Личная и творческая судьба этого писателя не может не восхищать. Привлекают его изобретательность, интеллект, трудолюбие – ни дня без строчки![17] – искренность, верность своим принципам.
Сегодня Барт не возражает более противхарактеристики своего творчества как постмодернистского. В отличие от Пинчона, он любит теоретические построения, охотно объясняет собственные писательские интенции и взгляды, характерные для всех тех, кого не всегда оправданно относят к приверженцам постмодернизма.
В одной из своих статей 60-х гг. автор «Плавучей оперы» утверждал, что «искусство, в конечном счете, создается ради самого искусства, независимо от того, что имел в виду его создатель». Писатель, по Барту, уподобляется Богу, который творит свою вселенную[18], но сам живет в совершенно ином измерении. В другой статье этого же периода Барт просит свою музу освободить его от любой социально – исторической ангажированности, влияние которой еще можно заметить в его первых романах. Таким образом, писатель – постмодернист оставляет за собой право творить художественный мир, живущий по своим законам и не соотнесенный с объективной реальностью, в которой живет его создатель. Одним из способов сотворения такого мира является игра. При этом Барт использует различные виды игры: на уровне слов и понятий; с литературными стилями; с идеями предшествующей литературы и т. д.

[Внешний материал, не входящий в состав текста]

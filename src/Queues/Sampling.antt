-- ===== src/Queues/Sampling.antt =====
-- Backpressure: `should_skip_under_pressure` keeps one packet in four.
use ids_bachelor_thesis.Prelude.{
  ℕ, zero, suc, ◌+◌, ◌/◌, ◌≡◌, refl, Bool, true, false, arith, ratio_ltb,
}
use ids_bachelor_thesis.Queues.Defs.{Config, PacketQueues, pressure, should_skip_under_pressure}

abbrev one_if_kept : Bool → ℕ
one_if_kept true = 0
one_if_kept false = 1

module _ {R P L : Type 0} (c : Config) where
  -- how many of `n` calls in a row keep their packet
  unfoldable pub kept : ℕ → PacketQueues R P L → ℕ
  kept zero q = 0
  kept (suc n) q = let (q', skip) = should_skip_under_pressure c q in one_if_kept skip + kept n q'

  -- `pressure` reads the queues alone.
  pressure-sample_counter :
      (q : PacketQueues R P L) (n : ℕ) → pressure c (record q { sample_counter = n }) ≡ pressure c q
  unfolding pressure
  pressure-sample_counter q n = refl

  -- While the pressure is at or above the limit, of any `n` calls in a row those are kept that
  -- bring the counter to a multiple of four.
  pub kept_under_pressure :
      (n : ℕ) (q : PacketQueues R P L)
      → ratio_ltb (pressure c q) c.pressure_sample_at ≡ false
      → kept n q + q.sample_counter / 4 ≡ (q.sample_counter + n) / 4
  unfolding kept should_skip_under_pressure
  kept_under_pressure zero q h = omega arith
  kept_under_pressure (suc n) q h =
      rw h (
        ground
          (arith, kept_under_pressure n (record q { sample_counter = q.sample_counter + 1 }) h))

  -- Below the limit every packet is kept, and the counter stands still.
  pub kept_below_pressure :
      (n : ℕ) (q : PacketQueues R P L)
      → ratio_ltb (pressure c q) c.pressure_sample_at ≡ true
      → kept n q ≡ n
  unfolding kept should_skip_under_pressure
  kept_below_pressure zero q h = omega arith
  kept_below_pressure (suc n) q h = rw h (omega (arith, kept_below_pressure n q h))
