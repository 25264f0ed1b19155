-- ===== src/Queues/Tests.antt =====
-- The theorems on the queues at small queues, and runs of the operations.
use ids_bachelor_thesis.Prelude.{ℕ, zero, suc, ◌+◌, ◌/◌, ◌≡◌, refl, true, false, List, [], ◌∷◌}
use ids_bachelor_thesis.BoundedQueue
use ids_bachelor_thesis.BoundedQueue.{put_nowait}
use ids_bachelor_thesis.Queues.Defs.{
  Config, PacketQueues, new_queues, pressure, should_skip_under_pressure, process_with_retry,
  Handler, enqueue_raw_packet, enqueue_packet, enqueue_log, dequeue_raw_packet, dequeue_packet,
}
use ids_bachelor_thesis.Queues.Accounting.{
  Event, raw_packet, packet, log, take_raw, take_packet, blank, IsBalanced, play,
  queues_lose_nothing,
}
use ids_bachelor_thesis.Queues.Sampling.{kept, kept_under_pressure, kept_below_pressure}
use ids_bachelor_thesis.Queues.Retry.{failures, world_after, counted, process_with_retry_counts}

abbrev config : Config
config = record {
  queue_maxsize = 2;
  raw_queue_maxsize = 1;
  log_queue_maxsize = 1;
  pressure_sample_at = record { num = 80; den = 100 };
  drop_log_interval = 5_000_000;
  max_retries = 2;
}

abbrev Queues : Type 0
Queues = PacketQueues ℕ ℕ ℕ

abbrev busy : List (Event ℕ ℕ ℕ)
busy =
    raw_packet 6_000_000 7
    ∷ raw_packet 6_000_001 8
    ∷ packet 6_000_002 3
    ∷ raw_packet 6_000_003 9
    ∷ take_raw
    ∷ log 4
    ∷ log 5
    ∷ take_packet
    ∷ []

queues_lose_nothing_example :
    let (q, l) = play config busy (new_queues config, blank) in IsBalanced q l
queues_lose_nothing_example = queues_lose_nothing config busy

-- The first refusal is reported, the second waits for the next warning.
busy_ledger :
    let (q, l) = play config busy (new_queues config, blank) in
    (l.raw_out ≡ 7 ∷ [])
    × (l.raw_refused ≡ 2)
    × (l.raw_reported ≡ 1)
    × (q.dropped_raw ≡ 1)
    × (l.packets_out ≡ 3 ∷ [])
    × (q.dropped_logs ≡ 1)
unfolding play enqueue_raw_packet enqueue_packet enqueue_log dequeue_raw_packet dequeue_packet
    put_nowait BoundedQueue.get new_queues
busy_ledger = (refl, refl, refl, refl, refl, refl)

abbrev full : Queues
full = record {
  packet_queue = record { items = 1 ∷ 2 ∷ []; maxsize = 2 };
  raw_queue = record { items = []; maxsize = 1 };
  log_queue = record { items = []; maxsize = 1 };
  dropped_packets = 0;
  dropped_raw = 0;
  dropped_logs = 0;
  last_drop_log_at = 0;
  sample_counter = 5;
  processed = 0;
  failed = 0;
  retried = 0;
}

kept_under_pressure_example : kept config 8 full + 5 / 4 ≡ (5 + 8) / 4
unfolding pressure
kept_under_pressure_example = kept_under_pressure config 8 full refl

two_of_eight : kept config 8 full ≡ 2
unfolding kept should_skip_under_pressure
two_of_eight = refl

kept_below_pressure_example :
    kept config 3 (record full { packet_queue = BoundedQueue.empty 2 }) ≡ 3
unfolding pressure
kept_below_pressure_example =
    kept_below_pressure config 3 (record full { packet_queue = BoundedQueue.empty 2 }) refl

-- raises until its world has run down to 0
stubborn : Handler ℕ ℕ
stubborn item zero = (true, 0)
stubborn item (suc n) = (false, n)

process_with_retry_counts_example :
    process_with_retry config stubborn 9 1 full
    ≡ (world_after stubborn 9 3 1, counted 3 (failures stubborn 9 3 1) full)
process_with_retry_counts_example = process_with_retry_counts config stubborn 9 1 full

-- Where every call raises, `retried` counts one more than the retries that were made.
retried_counts_attempts :
    let (w, q) = process_with_retry config stubborn 9 5 full in
    (w ≡ 2) × (q.retried ≡ 3) × (q.failed ≡ 1) × (q.processed ≡ 0)
unfolding process_with_retry stubborn
retried_counts_attempts = (refl, refl, refl, refl)
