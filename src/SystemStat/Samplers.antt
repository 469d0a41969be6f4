-- ===== src/SystemStat/Samplers.antt =====
-- src/system_stat.cpp: the samplers of Linux for the processors and the memory, that of FreeBSD for the network,
-- and `sampleSensorData` on Linux. What the system calls give comes from outside.
use dnsmeter.Base.{
  ℤ, pos, negsuc, ℕ, ◌-◌, ◌*◌, ◌^◌, ◌≡◌, refl, Bool, List, [], ◌∷◌, Option, none, some, ltb,
  if◌then◌else◌, Bool-cases, inl, inr, u64,
}
use Prim.Native.String.{String}
use dnsmeter.Exceptions.{Result, ok, throw, system_call_failed}
use dnsmeter.SystemStat.{
  Network, Interface, clear, find, insert, add_network, sample_lines, sample_network,
}
use dnsmeter.SystemStat.Sample.{sample_network-stale}
use dnsmeter.SystemStat.Arrays.{Cpu, Sysinfo, SystemStat}

-- `sampleCpuUsage`: `fscanf` has read these numbers, at most five, and leaves the other fields as they are.
unfoldable pub sample_cpu_usage : List ℤ → Cpu → Cpu
sample_cpu_usage [] c = c
sample_cpu_usage (u ∷ []) c = record c { user = u }
sample_cpu_usage (u ∷ n ∷ []) c = record c { user = u; nice = n }
sample_cpu_usage (u ∷ n ∷ s ∷ []) c = record c { user = u; nice = n; system = s }
sample_cpu_usage (u ∷ n ∷ s ∷ i ∷ []) c = record c { user = u; nice = n; system = s; idle = i }
sample_cpu_usage (u ∷ n ∷ s ∷ i ∷ w ∷ more) c = record {
  user = u;
  nice = n;
  system = s;
  idle = i;
  iowait = w;
}

-- `struct sysinfo`
pub record Info : Type 0 where
  pub uptime : ℤ
  pub freeswap : ℕ
  pub freeram : ℕ
  pub bufferram : ℕ
  pub totalram : ℕ
  pub totalswap : ℕ
  pub sharedram : ℕ
  pub procs : ℕ
  pub mem_unit : ℕ

-- An `unsigned long` as a `long`.
abbrev pub as_long : ℕ → ℤ
as_long n = if ltb n (2 ^ 63) then pos n else negsuc (2 ^ 64 - 1 - n)

-- `sampleSysinfo`. `none` is a call of `sysinfo` that fails.
unfoldable pub sample_sysinfo : Option Info → Sysinfo → Sysinfo
sample_sysinfo none s = s
sample_sysinfo (some info) s = record {
  uptime = info.uptime;
  freeswap = as_long (u64 (info.freeswap * info.mem_unit));
  totalswap = as_long (u64 (info.totalswap * info.mem_unit));
  freeram = as_long (u64 (info.freeram * info.mem_unit));
  bufferram = as_long (u64 (info.bufferram * info.mem_unit));
  totalram = as_long (u64 (info.totalram * info.mem_unit));
  sharedram = as_long (u64 (info.sharedram * info.mem_unit));
  procs = pos info.procs;
}

-- What `sampleSensorData` meets: the clock, and what the three samplers read. The lines of `/proc/net/dev` come
-- as interfaces.
pub record Sensors : Type 0 where
  pub microtime : ℕ
  pub scanned : List ℤ
  pub info : Option Info
  pub lines : List Interface

-- `sampleSensorData`, as it is compiled for Linux.
unfoldable pub sample_sensor_data : Sensors → SystemStat → SystemStat
sample_sensor_data m stat =
    let (interfaces, receive, transmit) =
      sample_network m.lines stat.interfaces stat.net_total.receive stat.net_total.transmit in
    record {
      sample_time = m.microtime;
      cpu = sample_cpu_usage m.scanned stat.cpu;
      sysinfo = sample_sysinfo m.info stat.sysinfo;
      net_total = record stat.net_total { receive = receive; transmit = transmit };
      interfaces = interfaces;
    }

-- An entry of `getifaddrs`: whether its family is `AF_LINK`, and then its name and counters.
pub record IfAddr : Type 0 where
  pub is_link : Bool
  pub interface : Interface

-- The loop of `sampleNetwork` of FreeBSD.
unfoldable pub sample_addresses :
    List IfAddr → List Interface → Network → Network → List Interface × Network × Network
sample_addresses [] interfaces receive transmit = (interfaces, receive, transmit)
sample_addresses (a ∷ rest) interfaces receive transmit =
    let n = a.interface in
    let counted =
      sample_addresses rest (insert n interfaces) (add_network receive n.receive)
        (add_network transmit n.transmit) in
    let skipped = sample_addresses rest interfaces receive transmit in
    if a.is_link then counted else skipped

-- `sampleNetwork`, as it is compiled for FreeBSD, with the map and the totals also where it throws. `none` is a
-- call of `getifaddrs` that fails.
unfoldable pub sample_network_bsd :
    Option (List IfAddr)
    → List Interface
    → Network
    → Network
    → Result (Unit {0}) × List Interface × Network × Network
sample_network_bsd none interfaces receive transmit =
    (throw system_call_failed, interfaces, clear receive, clear transmit)
sample_network_bsd (some addresses) interfaces receive transmit =
    let (interfaces, receive, transmit) =
      sample_addresses addresses interfaces (clear receive) (clear transmit) in
    (ok tt, interfaces, receive, transmit)

-- The interfaces of the entries of the family `AF_LINK`.
abbrev pub links : List IfAddr → List Interface
links [] = []
links (a ∷ rest) = let later = links rest in if a.is_link then a.interface ∷ later else later

sample_addresses-links :
    (addresses : List IfAddr) (is : List Interface) (receive transmit : Network)
    → sample_addresses addresses is receive transmit
      ≡ sample_lines (links addresses) is receive transmit
unfolding sample_addresses sample_lines
sample_addresses-links [] is receive transmit = refl
sample_addresses-links (a ∷ rest) is receive transmit =
    let n = a.interface in
    let counted =
      sample_addresses-links rest (insert n is) (add_network receive n.receive)
        (add_network transmit n.transmit) in
    let skipped = sample_addresses-links rest is receive transmit in
    elim (Bool-cases a.is_link) [
      | inl link ↦ rw (link, sample_addresses, links) counted
      | inr other ↦ rw (other, sample_addresses, links) skipped
    ]

-- On FreeBSD the network is sampled as on Linux, from the interfaces among the addresses.
sample_network_bsd-links :
    (addresses : List IfAddr) (is : List Interface) (receive transmit : Network)
    → let (js, r, t) = sample_network (links addresses) is receive transmit in
      sample_network_bsd (some addresses) is receive transmit ≡ (ok tt, js, r, t)
unfolding sample_network_bsd sample_network
sample_network_bsd-links addresses is receive transmit =
    rw (sample_addresses-links addresses is (clear receive) (clear transmit)) refl

-- A sample of a `SystemStat` that has an interface leaves its counters as they are, whatever the system says.
sample_sensor_data-stale :
    (m : Sensors) (stat : SystemStat) (name : String) (i : Interface)
    → find name stat.interfaces ≡ some i
    → find name (sample_sensor_data m stat).interfaces ≡ some i
unfolding sample_sensor_data
sample_sensor_data-stale m stat name i e =
    sample_network-stale name i m.lines stat.interfaces stat.net_total.receive
      stat.net_total.transmit e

В своей теоретической статье 1967 г. «Литература исчерпанности» он пытается найти ответ на вопрос, как можно писать прозу после Набокова и Беккета, опираясь на авторитет только что обретенного нового кумира – Борхеса. Барт утверждает, что искусство вступило впору истощения, формы его отработаны, выхолощены и продлить его существование можно лишь с помощью новой постмодернистской техники. Предвосхищая мысль Л. Фидлера о необходимости создания искусства не только для элиты или масс, Барт пишет: «По моим понятиям, идеальный писатель постмодернизма не копирует, но и не отвергает своих отцов из двадцатого века и своих дедов из девятнадцатого. <…> Он, может быть, и не надеется растрясти поклонников Джеймса Миченера[19] и Ирвинга Уоллеса[20], не говоря о лоботомированных масскультурой неучах. Но он обязан надеяться, что сумеет пронять и увлечь (хотя бы когда-нибудь) определенный слой публики – более широкий, чем круг тех, кого Манн звал первохристианами, то есть чем круг профессиональных служителей высокого искусства. <…> Идеальный роман постмодернизма должен каким-то образом оказаться над схваткой реализма с ирреализмом, формализма с «содержанизмом», чистого искусства с ангажированным, прозы элитарной – с массовой.